> [What to work on]: From the data below, copy out every line in which the word "record" occurs.

Information shown section start

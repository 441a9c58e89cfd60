-- ===== src/Config.antt =====
-- src/margo-config.c
pub mod Defs
pub mod Calls
pub mod Instance
pub mod Laws
pub mod Pools
mod Tests
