-- ===== src/Config/Defs.antt =====
-- src/margo-config.c: finding, referencing and releasing an entry, for pools and for execution
-- streams alike. A call is its result and what it does to the mutex.
use Prim.Native.String.{String}
use mochi_margo.Mercury.{HgReturn, success, invalid_arg, noentry, permission}
use mochi_margo.Base.Text.{same_text}
use mochi_margo.Base.{
  ℕ, ◌+◌, ◌-◌, ◌%◌, ◌^◌, ◌≡◌, refl, ◌==◌, ltb, if◌then◌else◌, null, Option, none, some, List, [],
  ◌∷◌, length, get_elem?,
}
use mochi_margo.Registry.Defs.{find_first, modify_at}
use mochi_margo.AbtConfig.Entries.{PoolEntry, XstreamEntry}

-- What an entry keeps: its handle, its name and the number of references, with their laws.
pub record Slot (A : Type 0) : Type 0 where
  pub handle : A → ℕ
  pub name : A → String
  pub refcount : A → ℕ
  pub with_refcount : ℕ → A → A
  pub handle-with : (c : ℕ) (x : A) → handle (with_refcount c x) ≡ handle x
  pub name-with : (c : ℕ) (x : A) → name (with_refcount c x) ≡ name x
  pub refcount-with : (c : ℕ) (x : A) → refcount (with_refcount c x) ≡ c
  pub with-with : (c d : ℕ) (x : A) → with_refcount c (with_refcount d x) ≡ with_refcount c x
  pub with-same : (x : A) → with_refcount (refcount x) x ≡ x

abbrev pub pool_slot : Slot PoolEntry
pool_slot = record {
  handle = λ p. p.pool;
  name = λ p. p.name;
  refcount = λ p. p.refcount;
  with_refcount = λ c p. record p { refcount = c };
  handle-with = λ c p. refl;
  name-with = λ c p. refl;
  refcount-with = λ c p. refl;
  with-with = λ c d p. refl;
  with-same = λ p. refl;
}

abbrev pub xstream_slot : Slot XstreamEntry
xstream_slot = record {
  handle = λ x. x.xstream;
  name = λ x. x.name;
  refcount = λ x. x.refcount;
  with_refcount = λ c x. record x { refcount = c };
  handle-with = λ c x. refl;
  name-with = λ c x. refl;
  refcount-with = λ c x. refl;
  with-with = λ c d x. refl;
  with-same = λ x. refl;
}

-- How a caller names an entry; a null name is none.
pub data Key : Type 0 where
  by_handle : ℕ → Key
  by_name : Option String → Key
  by_index : ℕ → Key

pub data LockEvent : Type 0 where
  lock unlock : LockEvent

-- `struct margo_pool_info` and `struct margo_xstream_info`
pub record Info : Type 0 where
  pub index : ℕ
  pub name : String
  pub handle : ℕ

-- Where a key leads: to a null argument, which is seen before the mutex is taken; to an index out of
-- range; to no entry; or to an entry.
pub data Place : Type 0 where
  unnamed outside absent : Place
  at_index : ℕ → Place

abbrev pub place : Option ℕ → Place
place none = absent
place (some i) = at_index i

-- What a call returns, with the mutex taken and given back around it.
abbrev pub both_ways : List LockEvent
both_ways = lock ∷ unlock ∷ []

module _ {A : Type 0} (S : Slot A) where
  -- The search of the functions by handle, by name and by index.
  unfoldable pub locate : List A → Key → Place
  locate xs (by_handle h) =
      if h == null then unnamed else place (find_first (λ x. S.handle x == h) xs)
  locate xs (by_name none) = unnamed
  locate xs (by_name (some name)) = place (find_first (λ x. same_text (S.name x) name) xs)
  locate xs (by_index i) = if ltb i (length xs) then at_index i else outside

  -- An answer from the entry at a place.
  abbrev pub answer_at : {B : Type 0} → (ℕ → A → B) → ℕ → Option A → Option B
  answer_at f i none = none
  answer_at f i (some x) = some (f i x)

  abbrev pub answer :
      {B : Type 0} → (ℕ → A → B) → List A → Place → HgReturn × Option B × List LockEvent
  answer f xs unnamed = (invalid_arg, none, [])
  answer f xs outside = (invalid_arg, none, both_ways)
  answer f xs absent = (noentry, none, both_ways)
  answer f xs (at_index i) = (success, answer_at f i (get_elem? xs i), both_ways)

  -- `margo_find_..._by_...` with a place for the information.
  unfoldable pub find : Option (List A) → Key → HgReturn × Option Info × List LockEvent
  unfolding locate
  find none k = (invalid_arg, none, [])
  find (some xs) k =
      answer (λ i x. record { index = i; name = S.name x; handle = S.handle x }) xs (locate xs k)

  -- `margo_..._ref_count_by_...`
  unfoldable pub ref_count : Option (List A) → Key → HgReturn × Option ℕ × List LockEvent
  unfolding locate
  ref_count none k = (invalid_arg, none, [])
  ref_count (some xs) k = answer (λ i x. S.refcount x) xs (locate xs k)

  -- `refcount++` and `refcount--`, on words of 32 bits.
  abbrev pub one_ref_more : A → A
  one_ref_more x = S.with_refcount ((S.refcount x + 1) % 2 ^ 32) x

  abbrev pub one_ref_less : A → A
  one_ref_less x = S.with_refcount (S.refcount x - 1) x

  abbrev pub incr_at : List A → Place → HgReturn × Option (List A) × List LockEvent
  incr_at xs unnamed = (invalid_arg, some xs, [])
  incr_at xs outside = (invalid_arg, some xs, both_ways)
  incr_at xs absent = (noentry, some xs, both_ways)
  incr_at xs (at_index i) = (success, some (modify_at i one_ref_more xs), both_ways)

  -- `margo_..._ref_incr_by_...`
  unfoldable pub ref_incr : Option (List A) → Key → HgReturn × Option (List A) × List LockEvent
  unfolding locate
  ref_incr none k = (invalid_arg, none, [])
  ref_incr (some xs) k = incr_at xs (locate xs k)

  -- Whether the mutex is given back a second time, behind the loop, where there is no reference: by
  -- handle and by name.
  abbrev pub refused_events : Key → List LockEvent
  refused_events (by_index i) = both_ways
  refused_events _ = lock ∷ unlock ∷ unlock ∷ []

  abbrev pub release_entry :
      Key → List A → ℕ → Option A → HgReturn × Option (List A) × List LockEvent
  release_entry k xs i none = (success, some xs, both_ways)
  release_entry k xs i (some x) =
      if S.refcount x == 0
      then (permission, some xs, refused_events k)
      else (success, some (modify_at i one_ref_less xs), both_ways)

  abbrev pub release_at : Key → List A → Place → HgReturn × Option (List A) × List LockEvent
  release_at k xs unnamed = (invalid_arg, some xs, [])
  release_at k xs outside = (invalid_arg, some xs, both_ways)
  release_at k xs absent = (noentry, some xs, both_ways)
  release_at k xs (at_index i) = release_entry k xs i (get_elem? xs i)

  -- `margo_..._release_by_...`
  unfoldable pub release : Option (List A) → Key → HgReturn × Option (List A) × List LockEvent
  unfolding locate
  release none k = (invalid_arg, none, [])
  release (some xs) k = release_at k xs (locate xs k)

Information shown section end

> [Worked solution]:
pub record Slot (A : Type 0) : Type 0 where
pool_slot = record {
  with_refcount = λ c p. record p { refcount = c };
xstream_slot = record {
  with_refcount = λ c x. record x { refcount = c };
pub record Info : Type 0 where
      answer (λ i x. record { index = i; name = S.name x; handle = S.handle x }) xs (locate xs k)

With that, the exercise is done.